The Blind Pig Games Club offers a variety of gaming tables of superior make that enables players to enjoy their gaming experience.  The atmosphere is friendly and inviting, with most if not all attendees functioning with amicable intentions (though this may not be apparent during a game).  There are no faction wars for control of the club, as it is a singular operation without the need of an executive voted for by members.  There are no membership fees, which encourages people who may get little free time to just come and enjoy the day rather than worry about annual fees.

The second question I was asked was for suggestions to improve the situation for those clubs struggling to maintain viability.

During my 30 years of association with many clubs I have experienced and formed opinions from those years.  I have been a member of many, but usually have been involved in the executive.

Clubs these days are almost a dying breed without the collaboration with businesses.  The biggest hurdle for many clubs is the public liability insurance needed in the event that something untoward should happen during the clubs operating hours.  Litigation is a growing trend and the threat is enough for many thinking of forming clubs to quit.  If a club can mitigate or reduce the expense then you are halfway there.
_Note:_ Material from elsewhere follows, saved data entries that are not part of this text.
-- ===== src/EibNetIp/RoundTrip/Describe.antt =====
-- The description of a device: ToPacket, then the parser.
use bcusdk.Base.{Bool, List, ap, arith, at, false, length, refl, ℕ, ◌++◌, ◌∙◌, ◌≡◌}
use bcusdk.EibNetIp.{Description, SockAddr, description_request, description_response, parsed, sent}
use bcusdk.EibNetIp.Address.{IsSockAddr, address_back, read_address, read_nat}
use bcusdk.EibNetIp.Discovery.{
  closed_name, description_request_packet, description_response_packet, parse_description_request,
  parse_description_response, service_block, unset_serial,
}
use bcusdk.EibNetIp.Parts.{address-length}
use bcusdk.EibNetIp.RoundTrip.Connect.{from}
use bcusdk.EibNetIp.RoundTrip.Fields.{
  IsDescription, IsFound, assembled, at_of_drop, block_tests, described, description_read,
  fields_read, optional_read, services_found, written-IsFound,
}
use mathlib.Core.Path.{ap₂}

pub description_request_back :
    (caddr src : SockAddr) (nat : Bool)
    → IsSockAddr caddr
    → parse_description_request (from src (description_request_packet caddr nat))
      ≡ parsed (description_request (read_address src caddr nat) (read_nat caddr nat false))
unfolding parse_description_request description_request_packet
description_request_back caddr src nat w =
    rw (address-length caddr nat, address_back caddr src nat false w) refl

-- A packet whose fields were found.
description_parsed :
    (d : Description) (src : SockAddr) (serial t optional : List ℕ)
    → IsDescription d
    → IsFound d serial t optional
    → parse_description_response (from src (sent 0x0204 (described d t)))
      ≡ parsed (description_response (description_read d serial) optional)
unfolding parse_description_response
description_parsed d src serial t optional w f =
    let block = at_of_drop 46 t _ _ f.rest in
    let mark = at_of_drop 47 t _ _ block.1 in
    let few = w.few in
    let size = f.size in
    let bytes = (services_found d.services optional w.few).0 in
    block_tests 56 54 (length (described d t)) (at t 47) (at t 46) _ (omega (arith, size)) mark.0
      (omega (arith, block.0)) (omega (arith, block.0, size, bytes)) (omega (arith, block.0))
      (omega (arith, block.0))
    ∙ ap₂ (λ r o. parsed (description_response r o)) (fields_read d serial t optional w f)
        (optional_read d serial t optional w f)

pub description_response_back :
    (fresh : ℕ → ℕ) (d : Description) (src : SockAddr) (optional : List ℕ)
    → IsDescription d
    → parse_description_response (from src (description_response_packet fresh d optional))
      ≡ parsed (description_response (description_read d (unset_serial fresh)) optional)
unfolding description_response_packet
description_response_back fresh d src optional w =
    ap (λ t. parse_description_response (from src (sent 0x0204 (described d t))))
      (assembled (unset_serial fresh) d.multicastaddr d.mac (closed_name d.name)
        (service_block d.services ++ optional))
    ∙ description_parsed d src (unset_serial fresh) _ optional w
        (written-IsFound d (unset_serial fresh) optional w refl)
Choice of venue, its location and ease of access are crucial.  People who play miniature games will generally have a fair bit of kit to bring with them.  Car parking at the venue is crucial, as is the access to the facility.  If you have to climb many steps to access a pokey hole in the wall then many people may choose elsewhere.  Space within the venue is also of importance.  If you are cramped, there is poor air circulation, or lighting this will also deter potential attendees.   Lastly are the tables and the terrain.  It is difficult to find venues (particularly halls) where you can store tabletops or terrain.  The Blind Pig has a trailer and brings all its materials on the day.  Not every club can do this.  So other clubs need to look at how best to manage this critical resource necessary to their gaming existence.

The personalities associated with a club can be its success or downfall.  Good people and administrators will attract people, people of poor aspect and incompetent administrators will drive away others.  With all forms of social groupings people will be attracted to like minded individuals, those you are comfortable to socialise with.  This also means that many groupings will have divergent agendas and philosophy than others which can lead to hostility.  Clubs that have been running successfully suddenly fail when there is a change in executive, or dissatisfied members leave to form their own club or join another.  It is difficult to manage the personalities that make up the gaming community, how a club does this is up to individuals.

Clubs need to just concentrate on what they are good at and provide an environment that is conducive to productive activities.  Forget about what others clubs are doing, don’t worry about matching attendance numbers, or events being run or any other factor that may distract you from doing what is right for your clubs audience.  Certainly look at what others are doing, adopt practices that you think have merit, and discard those that aren't practicable.  It does not matter if your members attend other clubs, diversity should be encouraged not dissuaded.  Happy members will spread the word (as will dissatisfied ones, so it is a two edged sword), you may see numbers increase.  Today it should be about having fun more than a game of numbers.  As long as you are able to meet the cost of running the club, who cares about trivial matters of ego?